Such findings show that although masculine generic nouns and pronouns are intended to be gender-unspecific, they are not necessarily interpreted as such. Furthermore, some studies provide evidence of negative consequences that this male bias of masculine generics may have. For example, in a German hiring simulation study, Horvath and Sczesny (2016) found that female applicants for high-status positions were perceived as a worse fit for the job when the job title was in its masculine noun form, compared to a masculine-feminine pair. A study by Vervecken et al. (2013) with German- and Dutch-speaking children found that when a stereotypically masculine profession was introduced using only the masculine form, women were perceived as less successful in that profession. Moreover, girls expressed less of a desire to perform said professions in the future.

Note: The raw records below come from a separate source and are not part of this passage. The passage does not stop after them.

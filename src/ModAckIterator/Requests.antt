-- ===== src/ModAckIterator/Requests.antt =====
-- The operations of pubsuber/src/ModAckIterator.cpp that call the service. They run on the
-- acknowledgement thread.
use pubsuber.Base.{
  ℕ, zero, suc, ◌+◌, ◌*◌, ◌/◌, List, [], ◌∷◌, Bytes, text, Bool, true, false, Option, none, some,
  ltb, if◌then◌else◌, length, min,
}
use pubsuber.Containers.{Map, KeySet, write_through}
use pubsuber.Double.{Float}
use pubsuber.Io.{
  StatusCode, Exception, Request, modify_ack_deadline, acknowledge, World, returned, threw, blocked,
  terminated, Act, ◌>>=◌, ◌>>◌, pure, throw, on_status, read_clock,
}
use pubsuber.Retriable.{CallResult, second, make_call}
use pubsuber.Algorithms.{
  PackSet, pack_id, erase_keys, give_me_the_keys, split_request_ids, populate_from_set,
  populate_from_packs,
}
use pubsuber.ModAckIterator.State.{
  AckWatchDescriptor, early, late, extend_in, so_many_milliseconds, ModAckIterator, ack_deadline,
}

-- In bytes.
abbrev pub max_payload : ℕ
max_payload = 512 * 1024

abbrev pub set_id : Bytes → Bytes
set_id k = k

-- The closure of `ModifyAckDeadlines`: whether the deadline is due, and the sleep time after it.
unfoldable pub is_due : ℕ → ℕ → AckWatchDescriptor → ℕ → Bool × ℕ
is_due grace_period pseudo_now descr sleep_time = elim (extend_in descr pseudo_now) [
  | early ms ↦
      if ltb (grace_period * 1000) ms then (false, min sleep_time ms) else (true, sleep_time)
  | late ms ↦ (true, sleep_time)
]

module _ (fl : Float) where
  -- An iterator at work, and the environment.
  pub record Session : Type 0 where
    pub it : ModAckIterator fl
    pub world : World

  -- A call under the iterator's policies.
  unfoldable pub call_service : Request → Act Session CallResult
  call_service request s = elim (make_call fl request s.it.policies s.world) [
    | returned r w ↦ returned r (record s { world = w })
    | threw e w ↦ threw e (record s { world = w })
    | blocked ↦ blocked
    | terminated ↦ terminated
  ]

  abbrev pub modify : (ModAckIterator fl → ModAckIterator fl) → Act Session (Unit {0})
  modify f s = returned tt (record s { it = f s.it })

  -- The `switch` over the status of a call.
  abbrev pub check_status : StatusCode → Act Session (Unit {0}) → Exception → Act Session (Unit {0})
  check_status StatusCode.ok on_ok error = on_ok
  check_status _ on_ok error = throw error

  -- `callback` is given the time at which the new deadline ends. The text of the exception is the
  -- same for both requests.
  unfoldable pub extend_ack_deadlines :
      List Bytes → ℕ → (ℕ → ModAckIterator fl → ModAckIterator fl) → Act Session (Unit {0})
  unfolding call_service
  extend_ack_deadlines ids new_deadline callback s =
      (do
        r ← call_service (modify_ack_deadline s.it.subscription_name ids new_deadline)
        check_status r.status.error_code (modify (callback (r.next + new_deadline * second)))
            (on_status (text "Pubsuber: ModifyAckDeadline failed with error ") r.status))
        s

  unfoldable pub ack_messages : List Bytes → Act Session (Unit {0})
  unfolding call_service
  ack_messages ids s =
      (do
        r ← call_service (acknowledge s.it.subscription_name ids)
        check_status r.status.error_code (pure tt)
            (on_status (text "Pubsuber: ModifyAckDeadline failed with error ") r.status))
        s

  -- `while (!ids.empty()) { split_request_ids(ids, toSend, kMaxPayload); … }`, the loop of `SendAcks`,
  -- `SendNacks` and `ModifyAckDeadlines`, with its body behind the split as `handle`. `rounds` limits
  -- it: when they are used up and ids are left, the loop has not ended.
  unfoldable pub drain :
      {A : Type 0}
      → (A → Bytes)
      → (List A → Act Session (Unit {0}))
      → ℕ
      → List A
      → Act Session (Unit {0})
  drain id handle rounds [] s = returned tt s
  drain id handle zero (x ∷ ids) s = blocked
  drain id handle (suc rounds) (x ∷ ids) s =
      let (rest, to_send) = split_request_ids id (x ∷ ids) max_payload in
      (handle to_send >> drain id handle rounds rest) s

  -- The bodies of the loops of `SendAcks` and `SendNacks`.
  abbrev pub ack_batch : KeySet → Act Session (Unit {0})
  ack_batch to_send = ack_messages (populate_from_set [] to_send).0

  abbrev pub nack_batch : KeySet → Act Session (Unit {0})
  nack_batch to_send = extend_ack_deadlines (populate_from_set [] to_send).0 0 (λ next it. it)

  -- A loop that makes progress takes at least one id in each round, so one round more than there are
  -- ids is enough.
  unfoldable pub send_acks : KeySet → Act Session (Unit {0})
  unfolding drain ack_messages
  send_acks ids = drain set_id ack_batch (suc (length ids)) ids

  unfoldable pub send_nacks : KeySet → Act Session (Unit {0})
  unfolding drain extend_ack_deadlines
  send_nacks ids = drain set_id nack_batch (suc (length ids)) ids

  -- `UpdateNextAck` through the iterators of the packs that were sent.
  unfoldable pub update_next_acks : PackSet → ℕ → Map AckWatchDescriptor → Map AckWatchDescriptor
  update_next_acks [] next ids = ids
  update_next_acks ((k, entry) ∷ packs) next ids =
      update_next_acks packs next (write_through entry (record { next_ack = next }) ids)

  -- The body of the loop of `ModifyAckDeadlines`.
  unfoldable pub extend_packs : ℕ → PackSet → Act Session (Unit {0})
  unfolding extend_ack_deadlines update_next_acks
  extend_packs dl to_send = extend_ack_deadlines (populate_from_packs [] to_send).0 dl (λ next it.
      record it { keep_alive_ack_ids = update_next_acks to_send next it.keep_alive_ack_ids })

  -- What `ModifyAckDeadlines` does with the ids that are due.
  unfoldable pub extend_due : PackSet → ℕ → ℕ → Act Session ℕ
  unfolding drain extend_packs
  extend_due [] sleep_time dl s = returned (sleep_time / 2) s
  extend_due (p ∷ packs) sleep_time dl s =
      (drain pack_id (extend_packs dl) (suc (length (p ∷ packs))) (p ∷ packs)
          >> pure so_many_milliseconds)
        s

  unfoldable pub modify_watched : Map AckWatchDescriptor → ℕ → ℕ → Act Session ℕ
  unfolding extend_due is_due
  modify_watched [] dl grace_period s = returned so_many_milliseconds s
  modify_watched (w ∷ ids) dl grace_period s =
      let (pseudo_now, world) = read_clock s.world in
      let (to_modify, sleep_time) =
        give_me_the_keys (is_due grace_period pseudo_now) (w ∷ ids) [] so_many_milliseconds in
      extend_due to_modify sleep_time dl (record s { world = world })

  -- `ModifyAckDeadlines` on `_keepAliveAckIDs`, in milliseconds.
  unfoldable pub modify_ack_deadlines : ℕ → ℕ → Act Session ℕ
  unfolding modify_watched
  modify_ack_deadlines dl grace_period s = modify_watched s.it.keep_alive_ack_ids dl grace_period s

  -- The pending sets that `ProcessModAcks` takes, and the iterator after it.
  unfoldable pub take_pending : ModAckIterator fl → (KeySet × KeySet) × ModAckIterator fl
  take_pending it =
      if it.has_executor
      then (
        (it.pending_ack_ids, it.pending_nack_ids),
        record it { pending_ack_ids = []; pending_nack_ids = [] },
      )
      else (([], []), it)

  abbrev pub unwatch : KeySet → Act Session (Unit {0})
  unwatch ids =
      modify (λ it. record it { keep_alive_ack_ids = erase_keys it.keep_alive_ack_ids ids })

  abbrev pub or_terminate : Option ℕ → (ℕ → Act Session ℕ) → Act Session ℕ
  or_terminate none k s = terminated
  or_terminate (some n) k s = k n s

  unfoldable pub process_mod_acks : Act Session ℕ
  unfolding send_acks send_nacks modify_ack_deadlines take_pending
  process_mod_acks s =
      let ((pending_acks, pending_nacks), it) = take_pending s.it in
      (do
        unwatch pending_acks
        send_acks pending_acks
        unwatch pending_nacks
        send_nacks pending_nacks
        λ s'.
            or_terminate (ack_deadline fl s'.it) (λ dl. modify_ack_deadlines dl s'.it.grace_period)
              s')
        (record s { it = it })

These findings, together with the results of the online processing studies, provide substantial evidence that third person masculine generic nouns and pronouns favour men over women. However, little is known about the effects of other masculine generics.

Second Person Masculine Generics

While the existing research on masculine generics has largely focused on the third person, some languages also use masculine generics in the second person. Polish, like other Slavic languages, marks gender on verbs in the past tense (Migdalski, 2018). This obligatory gender marking results in masculine generics in the second person singular, such as in the example shown at the beginning of this article. These second person masculine generics, just as the ones in the third person, raise the question of whether they are interpreted in the way that they are intended—as gender-unspecific—or whether they are associated with men nonetheless. If the latter is found to be the case, this may give rise to similar concerns as those about third person masculine generics. For example, while third person masculine generics may reduce the visibility of women by making the reader or hearer think of the described referent as male, second person masculine generics may make women feel less addressed than men by statements formulated using second person masculine generics.

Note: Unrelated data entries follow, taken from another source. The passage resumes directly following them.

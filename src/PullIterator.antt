-- ===== src/PullIterator.antt =====
-- pubsuber/src/SubscriptionPullIterator.h and SubscriptionPullIterator.cpp: one subscription on the
-- pull thread.
pub mod Delivery
mod Tests
use pubsuber.Base.{ℕ, ◌+◌, ◌-◌, ◌*◌, List, [], ◌∷◌, Bytes, true, text, ◌++◌}
use pubsuber.Double.{Float}
use pubsuber.Io.{
  StatusCode, Exception, ReceivedMessage, Request, Reply, sent, World, Outcome, returned, threw,
  blocked, terminated, Act, ◌>>=◌, ◌>>◌, pure, on_status, read_clock,
}
use pubsuber.Retriable.{default_rpc_timeout, second}
use pubsuber.Message.{MessageImpl}
use pubsuber.Message
use pubsuber.ModAckIterator.{ModAckIterator, min_ack_deadline, add_deadline_watcher}
use pubsuber.ModAckIterator.Requests.{Session}

pub record SubscriptionPullIterator : Type 0 where
  pub subscription_name : Bytes
  pub max_message_prefetch : ℕ

-- The message of the user for a message that came at the clock reading `rt`.
abbrev pub received : SubscriptionPullIterator → ℕ → ReceivedMessage → MessageImpl
received s rt m = Message.create true s.subscription_name m.ack_id m.message rt

-- The messages in `vec`, the last one first.
unfoldable pub collect :
    SubscriptionPullIterator → ℕ → List ReceivedMessage → List MessageImpl → List MessageImpl
collect s rt [] vec = vec
collect s rt (m ∷ ms) vec = collect s rt ms (received s rt m ∷ vec)

module _ (fl : Float) where
  -- `AddDeadlineWatcher` for each message.
  unfoldable pub watch : List ReceivedMessage → ℕ → ModAckIterator fl → ModAckIterator fl
  watch [] next_ack it = it
  watch (m ∷ ms) next_ack it = watch ms next_ack (add_deadline_watcher fl m.ack_id next_ack it)

  -- The second loop: the user's callback is given the last message of `vec`, until there is none.
  unfoldable pub deliver :
      (MessageImpl → Act (Session fl) (Unit {0})) → List MessageImpl → Act (Session fl) (Unit {0})
  deliver callback [] = pure tt
  deliver callback (m ∷ vec) = callback m >> deliver callback vec

  -- What `Pull` does with the answer.
  unfoldable pub on_pulled :
      SubscriptionPullIterator
      → (MessageImpl → Act (Session fl) (Unit {0}))
      → Reply
      → Act (Session fl) (Unit {0})
  unfolding watch collect deliver
  on_pulled s callback reply ss = elim reply.status.error_code [
    | StatusCode.ok ↦
        let (pseudo_now, w) = read_clock ss.world in
        let messages = reply.response.received_messages in
        deliver callback (collect s pseudo_now messages []) (record {
          it = watch messages (pseudo_now + min_ack_deadline * second - second) ss.it;
          world = w;
        })
    | _ ↦
        threw
          (on_status
            (text "Pubsuber: Pull of " ++ s.subscription_name ++ text " failed with error ")
            reply.status)
          ss
  ]

  -- `Pull`. The request is sent once.
  unfoldable pub pull :
      SubscriptionPullIterator
      → (MessageImpl → Act (Session fl) (Unit {0}))
      → Act (Session fl) (Unit {0})
  unfolding on_pulled
  pull s callback ss =
      let request = Request.pull s.subscription_name s.max_message_prefetch in
      elim ss.world.replies [
        | [] ↦ blocked
        | reply ∷ rest ↦ on_pulled s callback reply (record ss {
          world = record ss.world {
            replies = rest;
            log = sent request default_rpc_timeout ∷ ss.world.log;
          };
        })
      ]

As far as we know, the topic of second person masculine generics was only addressed in one study (Kricheli-Katz & Regev, 2021) on Hebrew—a language that marks gender on verbs and where the masculine gender can also be used generically. They found that both men and women performed worse on a math test when the questions addressed them using gender marking that mismatched their own gender. Similar results were found for reading comprehension and word association tests, though for those tests the effect was not statistically significant for the male participants. Gender marking was also associated with time spent on the math test—more time was spent when the gender marking matched the test taker’s gender. More time spent on the tests, in turn, predicted higher scores. Additionally, the participants were asked to rate their agreement with the statement “science is for men” after taking the math test. Both men and women agreed more with the statement when they were addressed using masculine marking in the test. These results suggest that masculine marking activates associations with men, which may cause women to see themselves as a less prototypical test taker and to reduce their feelings of self-efficacy. This, in turn, may affect their motivation, which would be reflected through shorter time spent on the tests and through lower scores. However, the exact process that underlies these effects is not completely clear. What remains unknown is whether these gendered associations are activated during language processing and whether they affect processing speed.

The aim of the present self-paced reading experiment was to test the hypothesis that masculine generic second person verbs activate associations with men. We compared men and women’s processing of second person singular masculine generic verbs, as well as their processing of verb forms without gender marking. If being addressed using verbs with masculine marking is more difficult to process for female addressees, this would indicate that second person masculine generics are not interpreted as gender-unspecific, but as forms associated with male addressees.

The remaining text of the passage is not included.